Department of Experimental Psychology, Ghent University, H. Dunantlaan 2, 9000, Ghent, Belgium.
Behav Res Methods. 2013 Jun;45(2):422-30. doi: 10.3758/s13428-012-0270-5.
In a critical review of the heuristics used to deal with zero word frequencies, we show that four are suboptimal, one is good, and one may be acceptable. The four suboptimal strategies are discarding words with zero frequencies, giving words with zero frequencies a very low frequency, adding 1 to the frequency per million, and making use of the Good-Turing algorithm. The good algorithm is the Laplace transformation, which consists of adding 1 to each frequency count and increasing the total corpus size by the number of word types observed. A strategy that may be acceptable is to guess the frequency of absent words on the basis of other corpora and then increasing the total corpus size by the estimated summed frequency of the missing words.

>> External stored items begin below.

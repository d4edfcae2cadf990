-- ===== src/Lib.antt =====
-- The concierge agent: a dialogue service that answers questions, collects and places orders with
-- partner services, and hands a dialogue over to a person.
--
-- A message arrives at `SessionService.post_message`. An accident is answered first; then a
-- proposal that waits for consent, then an order whose fields are being collected; a fresh message
-- is classified, decided on by the policy, and run by the reasoning loop, which alone calls tools.
-- A decision to hand over opens a ticket. Beside this stand the stored policies, the clients of the
-- neighbouring services, the limiter, the outbox, the ledger of outcomes and the onboarding guide.
--
-- Which file models what; paths are below backend/src/api:
--   Prelude               shared names; Python's dicts, texts, truth and JSON values
--   Intent                intent/: Keywords, Scores, Slots and Engine (engine.py, service.py), Yandex
--                         (yandexgpt.py, the language model)
--   Policy                policy/: Signals, Matrix, Engine, Guardrails, Store, each by its file's
--                         functions; Safety, Loading, Wrap, Active: proofs
--   Reasoning             reasoning/loop.py: Calls (the log of calls), Answers, Writes, Context,
--                         Replies, Loop (`run`); Detect: confirmation.py and feedback.py; Traced,
--                         Bounded, Consent: proofs
--   Orders, Emergency     orders/ and emergency/playbook.py
--   Sessions              sessions/: Model (rows), Access, State (what one message works on),
--                         Switch, Prefs, Order, Fresh, Resolve, Accident (the branches), Post (the
--                         requests on the store); Dialogue: an abstract machine; Laws: proofs
--   Handoff               handoff/
--   Clients               clients/: Breaker, Retry, Request, Cache
--   Onboarding, RateLimit, Ledger, Outbox
--                         onboarding/, sessions/ratelimit.py, ledger/, webhooks/; in Onboarding,
--                         Platform reads the status and Surface serves the guide
--   Services              clients/*/adapter.py with tools/: Partners, Support, Knowledge (search and
--                         chat), Platform, Tariffs; Tokens: clients/auth.py and oauth.py; Registry:
--                         reasoning/dependencies.py, which makes a loop's environment of them all
--   Auth                  auth/: the bearer token of a request, the signing keys, the principal
--   Tests                 runs on concrete inputs
--
-- State is passed explicitly: a computation of the loop takes the log of the tool calls made so far
-- and gives a result with the longer log; a branch of a message takes and gives a state of session,
-- turn, notes, preferences, events and log; a request takes and gives the tables. A transaction that
-- fails gives no tables, and so changes none. Row locks make a request one step. The try of an event
-- of the outbox is one step too: it is taken to end within the visibility timeout.
--
-- Parameters are what stands outside: what the HTTP client gives for a request (by all calls so far),
-- the masking of personal data, the regular expressions of the orders, the texts of configuration
-- files, how Python prints and reads values, and the clock. The loop takes its tools as a parameter,
-- `Env`, and Registry builds it of the adapters. The patterns of the rules run on a backtracking
-- search, Prelude/Regex, where a digit is an ASCII one and a letter a Latin or a Russian one.
-- Confidence is counted in ten-thousandths and time in milliseconds; a token of the limiter is 60000
-- parts, so that its refill is exact. No model uses fuel: loops recurse on their data, the
-- repeats of a request on the number that is left, and the sweep of the ledger on its limit.
--
-- Not modelled: the HTTP layer and SQL, metrics, the loading of configuration files, and the order
-- and limit of the query of the outbox.
pub mod Prelude
pub mod Intent
pub mod Policy
pub mod Reasoning
pub mod Orders
pub mod Emergency
pub mod Onboarding
pub mod RateLimit
pub mod Ledger
pub mod Outbox
pub mod Clients
pub mod Handoff
pub mod Sessions
pub mod Auth
pub mod Services
pub mod Tests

A comparison with the lexical decision times of the English Lexicon Project and the British Lexicon Project suggests that the Laplace transformation gives the most useful estimates (in addition to being easy to calculate). Therefore, we recommend it to researchers.
在对处理零词频所用启发式方法的批判性回顾中,我们表明其中四种是次优的,一种是好的,一种可能是可接受的。四种次优策略是丢弃零频率的单词、给零频率的单词一个非常低的频率、将每百万频率增加 1 以及使用古德-图灵算法。好的算法是拉普拉斯变换,它包括给每个频率计数加 1,并将总语料库大小增加到观察到的单词类型数量。一种可能可接受的策略是根据其他语料库猜测缺失单词的频率,然后将总语料库大小增加到缺失单词估计的总和频率。与英语词汇项目和英国词汇项目的词汇决策时间的比较表明,拉普拉斯变换提供了最有用的估计(除了易于计算)。因此,我们向研究人员推荐它。